Emile Okal and his French colleague, Yves Cansi, used an eight-station French seismic network to study the earthquake occurring on the other side of the world. "The 1996 Flores Sea earthquake, which was a big earthquake at about 600-km depth, was perfect in geometry for recording in France," said Okal. It was a rare opportunity as massive, deep earthquakes are needed to probe the necessary 5000-km below the surface of the Earth but only happen infrequently.

Breakthrough Applauded

Experts hailed the research, announced at the American Geophysical Union meeting in San Francisco, as a breakthrough. Professor Kathy Whaler, a geophysicist at Edinburgh University (Scotland), stated, "No-one has unambiguously taken these waves from the inner core before and there is a group in Utrecht (The Netherlands) who are getting the same result but using a different analysis of a different earthquake, 1994 in Bolivia - that gives us confidence."

As long ago as the 1930s, scientists predicted that despite a temperature of thousands of degrees, the crushing pressure at the Earth's center would cause the iron-nickel alloy to freeze but because the telltale signals are so weak, they have taken 60 years to detect. However, capturing the faint seismic tremors helped to dispelled many doubts.

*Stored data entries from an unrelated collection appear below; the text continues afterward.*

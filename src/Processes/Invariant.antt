-- ===== src/Processes/Invariant.antt =====
-- What holds of the registry and of the processes that share it, between any two steps.
use urt.Base.{
  ℕ, ◌+◌, ◌<◌, ◌≡◌, refl, ◌⊎◌, inl, inr, Bool, true, false, List, ◌==◌, if◌then◌else◌, arith,
  length, Bool-cases,
}
use urt.Base.Family.{update, sum_to, sum_to-update, le-sum_to}
use urt.Name.{name_eq}
use urt.Global.{Internal, World, object_at}
use urt.Registry.{is_used}
use urt.Registry.Invariant.{IsValid, Taken}
use urt.Processes.{Role, making, made, attaching, using, Stage, idle, busy, System, moved}

abbrev pub user_bit : Role → ℕ
user_bit making = 0
user_bit made = 0
user_bit attaching = 1
user_bit using = 1

abbrev pub maker_bit : Role → ℕ
maker_bit making = 1
maker_bit made = 1
maker_bit attaching = 0
maker_bit using = 0

-- Whether an agent is a user of slot `i`, and whether it is making the object there.
abbrev pub users_in : ℕ → Stage → ℕ
users_in i idle = 0
users_in i (busy r name j) = if i == j then user_bit r else 0

abbrev pub makers_in : ℕ → Stage → ℕ
makers_in i idle = 0
makers_in i (busy r name j) = if i == j then maker_bit r else 0

abbrev pub bit : Bool → ℕ
bit true = 1
bit false = 0

-- The slot that an agent has to do with has the agent's name.
abbrev pub Holds : Internal → Stage → Type 0
Holds m idle = Unit
Holds m (busy r name i) = (i < length m.objects) × (name_eq (object_at m i).name name ≡ true)

pub record Inv (n : ℕ) (s : System) : Type 0 where
  pub valid : IsValid s.world.mem
  pub open_sem : s.world.sem ≡ 1
  pub counted : (i : ℕ) → (object_at s.world.mem i).count ≡ sum_to n (users_in i) s.stage
  pub reserving : (i : ℕ) → bit (object_at s.world.mem i).reserved ≡ sum_to n (makers_in i) s.stage
  pub alone :
      (i : ℕ) → (object_at s.world.mem i).reserved ≡ true → (object_at s.world.mem i).count ≡ 0
  pub held : (a : ℕ) → a < n → Holds s.world.mem (s.stage a)

-- A change of the registry at slot `i`.
pub record Change (m m' : Internal) (i : ℕ) : Type 0 where
  pub valid : IsValid m'
  pub same_length : length m'.objects ≡ length m.objects
  pub others : (j : ℕ) → (i == j) ≡ false → object_at m' j ≡ object_at m j

-- An agent whose stages are about slot `i` only.
abbrev pub About : ℕ → Stage → Type 0
About i idle = Unit
About i (busy r name j) = j ≡ i

About-users : (i j : ℕ) (st : Stage) → About i st → (i == j) ≡ false → users_in j st ≡ 0
About-users i j idle h ne = refl
About-users i j (busy r name k) h ne = ground arith

About-makers : (i j : ℕ) (st : Stage) → About i st → (i == j) ≡ false → makers_in j st ≡ 0
About-makers i j idle h ne = refl
About-makers i j (busy r name k) h ne = ground arith

one_bit :
    (i : ℕ) (r : Role) (name : List ℕ)
    → users_in i (busy r name i) + makers_in i (busy r name i) ≡ 1
one_bit i making name = ground arith
one_bit i made name = ground arith
one_bit i attaching name = ground arith
one_bit i using name = ground arith

-- A slot that an agent has to do with is taken.
pub busy-Taken :
    (n a : ℕ) (s : System) (r : Role) (name : List ℕ) (i : ℕ)
    → Inv n s
    → a < n
    → s.stage a ≡ busy r name i
    → Taken s.world.mem i
unfolding is_used
busy-Taken n a s r name i v lt e = ground (
  arith,
  one_bit i r name,
  v.counted i,
  v.reserving i,
  le-sum_to n (users_in i) s.stage a lt,
  le-sum_to n (makers_in i) s.stage a lt,
)

-- A step of agent `a` that is about slot `i`, and that counts the agent's change of stage there.
module _ (n a i : ℕ) (s : System) (w : World) (st : Stage) (v : Inv n s) (lt : a < n)
    (before : About i (s.stage a)) (after : About i st) (open_sem : w.sem ≡ 1)
    (c : Change s.world.mem w.mem i)
    (count_step : (object_at w.mem i).count + users_in i (s.stage a)
      ≡ (object_at s.world.mem i).count + users_in i st)
    (reserved_step : bit (object_at w.mem i).reserved + makers_in i (s.stage a)
      ≡ bit (object_at s.world.mem i).reserved + makers_in i st)
    (alone : (object_at w.mem i).reserved ≡ true → (object_at w.mem i).count ≡ 0)
    (name_kept : ((object_at w.mem i).name ≡ (object_at s.world.mem i).name)
      ⊎ (((object_at s.world.mem i).count ≡ 0) × ((object_at s.world.mem i).reserved ≡ false)))
    (own : Holds w.mem st) where
  users_kept : (j : ℕ) → (object_at w.mem j).count ≡ sum_to n (users_in j) (update s.stage a st)
  users_kept j = ground (
    arith,
    v.counted j,
    c.others j,
    sum_to-update n (users_in j) s.stage a st lt,
    About-users i j (s.stage a) before,
    About-users i j st after,
  )

  makers_kept :
      (j : ℕ) → bit (object_at w.mem j).reserved ≡ sum_to n (makers_in j) (update s.stage a st)
  makers_kept j = ground (
    arith,
    v.reserving j,
    c.others j,
    sum_to-update n (makers_in j) s.stage a st lt,
    About-makers i j (s.stage a) before,
    About-makers i j st after,
  )

  alone_kept : (j : ℕ) → (object_at w.mem j).reserved ≡ true → (object_at w.mem j).count ≡ 0
  alone_kept j r = ground (arith, c.others j, v.alone j)

  -- Another agent's slot keeps its name.
  held_other :
      (b : ℕ) (r : Role) (name : List ℕ) (j : ℕ)
      → b < n
      → s.stage b ≡ busy r name j
      → Holds s.world.mem (busy r name j)
      → Holds w.mem (busy r name j)
  unfolding is_used
  held_other b r name j ltb_b e h =
      ground (arith, busy-Taken n b s r name j v ltb_b e, c.others j, c.same_length)

  held_kept : (b : ℕ) → b < n → Holds w.mem (update s.stage a st b)
  held_kept b ltb_b = elim (Bool-cases (a == b)) [
    | inl same ↦ rw same own
    | inr other ↦ rw other (other_agent (s.stage b) refl (v.held b ltb_b))
  ]
    where
      other_agent : (x : Stage) → s.stage b ≡ x → Holds s.world.mem x → Holds w.mem x
      other_agent idle e h = tt
      other_agent (busy r name j) e h = held_other b r name j ltb_b e h

  pub keep : Inv n (moved s a w st)
  keep = record {
    valid = c.valid;
    open_sem = open_sem;
    counted = users_kept;
    reserving = makers_kept;
    alone = alone_kept;
    held = held_kept;
  }
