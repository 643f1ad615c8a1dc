-- ===== src/Processes/Facts.antt =====
-- What the steps of processes that share the registry start from, src/registry.c: the results of
-- reserving, and the bits of a stage.
use urt.Base.{ℕ, ◌+◌, ◌<◌, ◌≤◌, ◌≡◌, refl, true, false, Option, none, some, List, arith, length}
use urt.Name.{name_eq}
use urt.Name.Laws.{name_eq_iff}
use urt.Global.{Errno, Result, ok, err, Object, World, object_at}
use urt.Registry.{is_used, find_by_name, reserve_at, reserved_object}
use urt.Registry.Preserve.{reserved-key}
use urt.Registry.Operations.{Reserves, reserve_name-Reserves}
use urt.Registry.Operations
use urt.Processes.{Role, making, made, attaching, using, Stage, idle, busy}
use urt.Processes.Invariant.{users_in, makers_in, user_bit, maker_bit}

-- The world after an operation that is known to return.
pub same_world :
    {w w' : World} (r : Option (Unit {0} × World)) → r ≡ some (tt, w) → r ≡ some (tt, w') → w ≡ w'
same_world r e e' = cc

pub reserve_facts :
    (name : List ℕ) (w0 w : World) (i : ℕ) (r : Option (Result ℕ × World))
    → Reserves name w0 r
    → r ≡ some (ok i, w)
    → (find_by_name w0.mem name ≡ none)
      × (i < length w0.mem.objects)
      × (is_used (object_at w0.mem i) ≡ false)
      × (w ≡ record w0 { mem = reserve_at w0.mem i name })
reserve_facts name w0 w i r (Operations.exists j hit q) e = absurd (cc)
reserve_facts name w0 w i r (Operations.full miss f q) e = absurd (cc)
reserve_facts name w0 w i r (Operations.reserved j miss lt free q) e =
    let ei : i ≡ j = cc in
    let ew : w ≡ record w0 { mem = reserve_at w0.mem j name } = cc in
    (miss, rw ei lt, rw ei free, rw ei ew)

pub refuse_facts :
    (name : List ℕ) (w0 w : World) (e : Errno) (r : Option (Result ℕ × World))
    → Reserves name w0 r
    → r ≡ some (err e, w)
    → w ≡ w0
refuse_facts name w0 w e r (Operations.exists j hit q) eq = cc
refuse_facts name w0 w e r (Operations.full miss f q) eq = cc
refuse_facts name w0 w e r (Operations.reserved j miss lt free q) eq = absurd (cc)

pub free_slot : (o : Object) → is_used o ≡ false → (o.count ≡ 0) × (o.reserved ≡ false)
unfolding is_used
free_slot o h = ground arith

pub reserved_name : (name : List ℕ) → name_eq (reserved_object name).name name ≡ true
reserved_name name = (name_eq_iff (reserved_object name).name name).1 (reserved-key name)

pub users_le : (i : ℕ) (st : Stage) → users_in i st ≤ 1
users_le i idle = omega arith
users_le i (busy making name j) = ground arith
users_le i (busy made name j) = ground arith
users_le i (busy attaching name j) = ground arith
users_le i (busy using name j) = ground arith

pub role_bits : (r : Role) → user_bit r + maker_bit r ≡ 1
role_bits making = refl
role_bits made = refl
role_bits attaching = refl
role_bits using = refl

pub users_self : (i : ℕ) (r : Role) (name : List ℕ) → users_in i (busy r name i) ≡ user_bit r
users_self i r name = ground arith

pub makers_self : (i : ℕ) (r : Role) (name : List ℕ) → makers_in i (busy r name i) ≡ maker_bit r
makers_self i r name = ground arith
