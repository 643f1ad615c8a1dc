-- ===== src/Processes/Steps.antt =====
-- Every step of careful processes keeps the invariant.
use urt.Base.{
  subst, ℕ, ◌+◌, ◌^◌, ◌<◌, ◌≤◌, ◌≡◌, refl, sym, ◌∙◌, ◌⊎◌, inl, inr, true, false, none, some, List,
  arith,
}
use urt.Base.Family.{le-sum_to, sum_to_le}
use urt.Global.{ok, World, object_at}
use urt.Registry.{
  find_by_name, reserve_name, reserve_at, inc_name_count, dec_name_count,
  get_object_by_name_and_inc_count, Release,
}
use urt.Registry.Preserve.{length-reserve_at, reserve_at-IsValid, object_at-reserve_at}
use urt.Registry.Operations.{reserve_name-Reserves}
use urt.Registry.Attach.{
  found_slot, Attached, inc_name_count-Attached, get_object_by_name_and_inc_count-cases, Detached,
  dec_name_count-Detached,
}
use urt.Processes.{Role, making, made, attaching, using, idle, busy, System, moved}
use urt.Processes.Invariant.{
  Inv, Change, Holds, About, users_in, makers_in, user_bit, maker_bit, bit, busy-Taken, keep,
}
use urt.Processes.Facts.{
  same_world, reserve_facts, free_slot, reserved_name, users_le, role_bits, users_self, makers_self,
}

module _ (n a : ℕ) (s : System) (v : Inv n s) (lt : a < n) where
  -- An agent that stays idle leaves all as it was.
  pub idle-Inv : (w : World) → s.stage a ≡ idle → w ≡ s.world → Inv n (moved s a w idle)
  idle-Inv w e ew =
      keep n a 0 s w idle v lt (rw e tt) tt (rw ew v.open_sem)
        (record { valid = rw ew v.valid; same_length = rw ew refl; others = λ j ne. rw ew refl })
        (ground arith) (ground arith) (rw ew (v.alone 0)) (inl (rw ew refl)) tt

  count_le : (i : ℕ) → (object_at s.world.mem i).count ≤ n
  count_le i =
      omega
        (arith, v.counted i, sum_to_le n (users_in i) s.stage (λ b ltb_b. users_le i (s.stage b)))

  pub small : (i : ℕ) → n + 1 < 2 ^ 32 → (object_at s.world.mem i).count + 1 < 2 ^ 32
  small i few = omega (arith, count_le i)

  -- A user more in slot `i`, where the agent was no user; if it was making the object, the slot is no
  -- longer reserved.
  Attached-Inv :
      (name : List ℕ) (i : ℕ) (r : Role) (w : World)
      → user_bit r ≡ 1
      → About i (s.stage a)
      → users_in i (s.stage a) ≡ 0
      → makers_in i (s.stage a) ≡ bit (object_at s.world.mem i).reserved
      → Holds s.world.mem (busy r name i)
      → Attached i s.world w
      → Inv n (moved s a w (busy r name i))
  Attached-Inv name i r w user about none_yet maker h d =
      let one : users_in i (busy r name i) ≡ 1 = ground (arith, users_self i r name) in
      let none_made : makers_in i (busy r name i) ≡ 0 =
        ground (arith, makers_self i r name, role_bits r) in
      let reserved : bit (object_at w.mem i).reserved ≡ 0 = rw d.not_reserved refl in
      keep n a i s w (busy r name i) v lt about refl (d.sem_back ∙ v.open_sem)
        (record { valid = d.valid; same_length = d.same_length; others = d.others })
        (omega (arith, d.one_more)) (omega arith) (λ b. absurd (ground (arith, d.not_reserved)))
        (inl d.same_name) (omega (arith, h.0, d.same_length), ground (arith, d.same_name, h.1))

  -- A reservation of a free slot by an idle agent.
  pub reserve-Inv :
      (name : List ℕ) (i : ℕ) (w : World)
      → s.stage a ≡ idle
      → reserve_name name s.world ≡ some (ok i, w)
      → Inv n (moved s a w (busy making name i))
  reserve-Inv name i w e q =
      let f =
        reserve_facts name s.world w i (reserve_name name s.world)
          (reserve_name-Reserves name s.world (omega (arith, v.open_sem))) q in
      let m' = reserve_at s.world.mem i name in
      let at = object_at-reserve_at s.world.mem i name f.1 in
      let free = free_slot (object_at s.world.mem i) f.2 in
      rw f.3 (
        keep n a i s (record (s.world) { mem = m' }) (busy making name i) v lt (rw e tt) refl
          v.open_sem
          (record {
            valid = reserve_at-IsValid s.world.mem i name f.1 v.valid f.0;
            same_length = length-reserve_at s.world.mem i name f.1;
            others = λ j ne. ground (arith, at j);
          })
          (rw e (ground (arith, at i))) (rw e (ground (arith, at i))) (λ b. ground (arith, at i))
          (inr (free.0, free.1))
          (
            omega (arith, f.1, length-reserve_at s.world.mem i name f.1),
            ground (arith, at i, reserved_name name),
          ))

  -- An idle agent attaches to a slot that nobody is making.
  pub attach-Inv :
      (name : List ℕ) (i : ℕ) (w : World)
      → n + 1 < 2 ^ 32
      → s.stage a ≡ idle
      → get_object_by_name_and_inc_count name s.world ≡ some (some i, w)
      → (object_at s.world.mem i).reserved ≡ false
      → Inv n (moved s a w (busy attaching name i))
  attach-Inv name i w few e q unreserved = from (
      get_object_by_name_and_inc_count-cases name s.world (omega (arith, v.open_sem)) v.valid
        (λ j hit. small j few))
    where
      from :
          ((find_by_name s.world.mem name ≡ none)
              × (get_object_by_name_and_inc_count name s.world ≡ some (none, s.world)))
            ⊎ ((j : ℕ) × (w' : World) × (find_by_name s.world.mem name ≡ some j)
                × (get_object_by_name_and_inc_count name s.world ≡ some (some j, w'))
                × Attached j s.world w')
          → Inv n (moved s a w (busy attaching name i))
      from (inl (miss, r)) = absurd (cc)
      from (inr (j, w', hit, r, d)) =
          let ei : j ≡ i = cc in
          let ew : w' ≡ w = cc in
          let slot = found_slot s.world.mem name j v.valid hit in
          let d' : Attached i s.world w =
            subst (λ x. Attached i s.world x) ew (subst (λ k. Attached k s.world w') ei d) in
          Attached-Inv name i attaching w refl (rw e tt) (rw e refl) (rw (e, unreserved) refl)
            (subst (λ k. Holds s.world.mem (busy attaching name k)) ei (slot.0, slot.2)) d'

  -- A change of an object's other fields by the agent that has to do with it.
  pub relabel-Inv :
      (name : List ℕ) (i : ℕ) (r r' : Role) (w : World)
      → s.stage a ≡ busy r name i
      → user_bit r ≡ user_bit r'
      → w.sem ≡ s.world.sem
      → Change s.world.mem w.mem i
      → (object_at w.mem i).count ≡ (object_at s.world.mem i).count
      → (object_at w.mem i).reserved ≡ (object_at s.world.mem i).reserved
      → (object_at w.mem i).name ≡ (object_at s.world.mem i).name
      → Inv n (moved s a w (busy r' name i))
  relabel-Inv name i r r' w e same es c cnt res nm =
      let h : Holds s.world.mem (busy r name i) = subst (Holds s.world.mem) e (v.held a lt) in
      let b : user_bit r + maker_bit r ≡ 1 = role_bits r in
      let b' : user_bit r' + maker_bit r' ≡ 1 = role_bits r' in
      keep n a i s w (busy r' name i) v lt (rw e refl) refl (es ∙ v.open_sem) c
        (ground (arith, users_self i r name, users_self i r' name))
        (ground (arith, makers_self i r name, makers_self i r' name))
        (λ q. cnt ∙ v.alone i (sym res ∙ q)) (inl nm)
        (omega (arith, h.0, c.same_length), ground (arith, nm, h.1))

  module _ (name : List ℕ) (i : ℕ) (r : Role) (e : s.stage a ≡ busy r name i) where
    holding : Holds s.world.mem (busy r name i)
    holding = subst (Holds s.world.mem) e (v.held a lt)

    users_here : users_in i (s.stage a) ≡ user_bit r
    users_here = rw e (users_self i r name)

    makers_here : makers_in i (s.stage a) ≡ maker_bit r
    makers_here = rw e (makers_self i r name)

    user_counted : user_bit r ≤ (object_at s.world.mem i).count
    user_counted = omega (arith, users_here, v.counted i, le-sum_to n (users_in i) s.stage a lt)

    maker_counted : maker_bit r ≤ bit (object_at s.world.mem i).reserved
    maker_counted =
        omega (arith, makers_here, v.reserving i, le-sum_to n (makers_in i) s.stage a lt)

    Detached-Inv :
        (w : World) → w.sem ≡ s.world.sem → Detached i s.world.mem w.mem → Inv n (moved s a w idle)
    Detached-Inv w es d =
        let bits = role_bits r in
        let only : (object_at s.world.mem i).reserved ≡ true → (object_at s.world.mem i).count ≡ 0 =
          v.alone i in
        let less = d.one_less in
        let not_reserved = d.not_reserved in
        keep n a i s w idle v lt (rw e refl) tt (es ∙ v.open_sem)
          (record { valid = d.valid; same_length = d.same_length; others = d.others })
          (ground (arith, users_here, user_counted, maker_counted))
          (ground (arith, makers_here, user_counted, maker_counted))
          (λ b. absurd (ground (arith, not_reserved))) (inl d.same_name) tt

    -- Taking a user off slot `i`, or the reservation.
    pub detach-Inv :
        (release : Release) (w : World)
        → dec_name_count release i s.world ≡ some (tt, w)
        → Inv n (moved s a w idle)
    detach-Inv release w q =
        let u = busy-Taken n a s r name i v lt e in
        let d =
          dec_name_count-Detached release i s.world (omega (arith, v.open_sem)) v.valid holding.0
            u in
        subst (λ x. Inv n (moved s a x idle)) (same_world (dec_name_count release i s.world) d.1 q)
          (Detached-Inv d.0 d.2 d.4)

    pub publish-Inv :
        (w : World)
        → n + 1 < 2 ^ 32
        → r ≡ made
        → inc_name_count i s.world ≡ some (tt, w)
        → Inv n (moved s a w (busy using name i))
    publish-Inv w few q eq =
        let u = busy-Taken n a s r name i v lt e in
        let users_none : user_bit r ≡ 0 = rw q refl in
        let maker : maker_bit r ≡ 1 = rw q refl in
        let d =
          inc_name_count-Attached i s.world (omega (arith, v.open_sem)) v.valid holding.0 u
            (small i few) in
        subst (λ x. Inv n (moved s a x (busy using name i)))
          (same_world (inc_name_count i s.world) d.1 eq)
          (Attached-Inv name i using d.0 refl (rw e refl) (users_here ∙ users_none)
            (makers_here ∙ ground (arith, maker_counted, maker)) holding d.2)
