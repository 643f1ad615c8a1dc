-- ===== src/Processes/Safety.antt =====
-- What processes that share the registry can rely on, whatever the order of their steps, as long as
-- nobody attaches to a name while it is being made.
use urt.Base.{
  subst, ℕ, ◌+◌, ◌^◌, ◌<◌, ◌≡◌, refl, ◌⊎◌, inl, inr, Bool, true, false, none, some, List, arith,
  length, length-set,
}
use urt.Global.{World, object_at}
use urt.Registry.{find_by_name, get_object_by_name_and_inc_count}
use urt.Registry.Invariant.{IsValid}
use urt.Registry.Operations.{reserve_name-Reserves}
use urt.Registry.Attach.{Attached, get_object_by_name_and_inc_count-cases}
use urt.Shared.{describe_at, mark_at, described}
use urt.Shared.Attach.{marked, object_at-marked, mark_at-IsValid}
use urt.Shared.New.{object_at-describe_at, describe_at-IsValid}
use urt.Processes.{
  making, made, attaching, using, busy, System, Step, reserve, reserve_fails, describe, abandon,
  publish, attach, attach_fails, map_in, give_up, detach,
}
use urt.Processes.Invariant.{Inv, Change, Holds}
use urt.Processes.Facts.{refuse_facts}
use urt.Processes.Steps.{
  small, idle-Inv, reserve-Inv, attach-Inv, relabel-Inv, detach-Inv, publish-Inv,
}

-- The world does not change if the name is not found.
missed :
    (n a : ℕ) (s : System) (name : List ℕ) (w : World)
    → Inv n s
    → a < n
    → n + 1 < 2 ^ 32
    → get_object_by_name_and_inc_count name s.world ≡ some (none, w)
    → w ≡ s.world
missed n a s name w v lt few q = from (
    get_object_by_name_and_inc_count-cases name s.world (omega (arith, v.open_sem)) v.valid
      (λ j hit. small n a s v lt j few))
  where
    from :
        ((find_by_name s.world.mem name ≡ none)
            × (get_object_by_name_and_inc_count name s.world ≡ some (none, s.world)))
          ⊎ ((j : ℕ) × (w' : World) × (find_by_name s.world.mem name ≡ some j)
              × (get_object_by_name_and_inc_count name s.world ≡ some (some j, w'))
              × Attached j s.world w')
        → w ≡ s.world
    from (inl (miss, r)) = cc
    from (inr (j, w', hit, r, d)) = absurd (cc)

module _ (i : ℕ) (w : World) (lt : i < length w.mem.objects) where
  mark_at-Change : (b : Bool) → IsValid w.mem → Change w.mem (mark_at b i w).mem i
  mark_at-Change false v = record { valid = v; same_length = refl; others = λ j ne. refl }
  mark_at-Change true v = record {
    valid = mark_at-IsValid i w lt true v;
    same_length = length-set w.mem.objects i (marked i w lt);
    others = λ j ne. ground (arith, object_at-marked i w lt j);
  }

  object_at-mark_at :
      (b : Bool)
      → ((object_at (mark_at b i w).mem i).count ≡ (object_at w.mem i).count)
        × ((object_at (mark_at b i w).mem i).reserved ≡ (object_at w.mem i).reserved)
        × ((object_at (mark_at b i w).mem i).name ≡ (object_at w.mem i).name)
  object_at-mark_at false = (refl, refl, refl)
  object_at-mark_at true =
      let at = object_at-marked i w lt i in
      (ground (arith, at), ground (arith, at), ground (arith, at))

-- Every step of careful processes keeps the invariant.
pub Step-Inv : {n : ℕ} {s t : System} → n + 1 < 2 ^ 32 → Step true n s t → Inv n s → Inv n t
Step-Inv {n} {s} few (reserve a name i w lt e q et) v = rw et (reserve-Inv n a s v lt name i w e q)
Step-Inv {n} {s} few (reserve_fails a name x w lt e q et) v = rw et (
    idle-Inv n a s v lt w e (
      refuse_facts name s.world w x _
        (reserve_name-Reserves name s.world (omega (arith, v.open_sem))) q))
Step-Inv {n} {s} few (describe a name i b kind sz lt e et) v =
    let h : Holds s.world.mem (busy making name i) = subst (Holds s.world.mem) e (v.held a lt) in
    let at = object_at-describe_at b kind sz i s.world h.0 in
    rw et (
      relabel-Inv n a s v lt name i making made (describe_at b kind sz i s.world) e refl refl
        (record {
          valid = describe_at-IsValid b kind sz i s.world h.0 v.valid;
          same_length =
              length-set s.world.mem.objects i (described b kind sz (object_at s.world.mem i));
          others = λ j ne. ground (arith, at j);
        })
        (ground (arith, at i)) (ground (arith, at i)) (ground (arith, at i)))
Step-Inv {n} {s} few (abandon a name i w lt e q et) v =
    rw et (detach-Inv n a s v lt name i making e none w q)
Step-Inv {n} {s} few (publish a name i w lt e q et) v =
    rw et (publish-Inv n a s v lt name i made e w few refl q)
Step-Inv {n} {s} few (attach a name i w lt e q quiet et) v =
    rw et (attach-Inv n a s v lt name i w few e q (quiet refl))
Step-Inv {n} {s} few (attach_fails a name w lt e q et) v =
    rw et (idle-Inv n a s v lt w e (missed n a s name w v lt few q))
Step-Inv {n} {s} few (map_in a name i b lt e et) v =
    let h : Holds s.world.mem (busy attaching name i) = subst (Holds s.world.mem) e (v.held a lt) in
    let at = object_at-mark_at i s.world h.0 b in
    rw et (
      relabel-Inv n a s v lt name i attaching using (mark_at b i s.world) e refl refl
        (mark_at-Change i s.world h.0 b v.valid) at.0 at.1 at.2)
Step-Inv {n} {s} few (give_up a name i w lt e q et) v =
    rw et (detach-Inv n a s v lt name i attaching e none w q)
Step-Inv {n} {s} few (detach a name i release w lt e q et) v =
    rw et (detach-Inv n a s v lt name i using e release w q)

The key to the breakthrough is the behavior of the two types of seismic waves. Pulse waves can travel through both liquids and solids as they move by compressing and then relaxing the material n the direction of travel. Shear waves, in contrast, can only pass through solids. They vibrate at right angles to the direction of travel and as liquids have no material strength the signal rapidly dissipates in the fluid.

Thus, detecting a shear wave coming all the way from the inner core would prove it was solid. But the scientists' task was made even more difficult by the fact that the liquid outer core, surrounding the inner core, blanks out all shear waves.

Wave Energy Converted

They, then, had to exploit the different speeds at which the waves travel. Imagine a seismic wave rumbling down through the Earth. When it reaches the outer core, all shear waves are lost and only pulse waves continue. When the pulse waves reach the inner core the waves are partly refracted and reflected.

This allows part of the energy to convert into shear waves that then travel through the inner core. Shear waves travel more slowly than pulse waves so they reach the opposite side of the inner core later. Here they are partly converted back to pulse waves.

It was these delayed pulse waves that the scientists detected. The reason it has taken 60 years to do so is because the conversions from pulse to shear to pulse sap the energy of the waves so the signals are exceedingly weak. Improvements in instrumentation over the last 15 years were crucial to the new finding, Okal said, as were computer capabilities, developed in France, to sort the signals from the noise.

"We look at the interior of the Earth because we want to know what is there," explains Okal simply. "But it may be interesting material scientists because it shows that under tremendous pressures, iron is behaving in a different way. This understanding might be applicable for other materials at not-so-heavy pressures."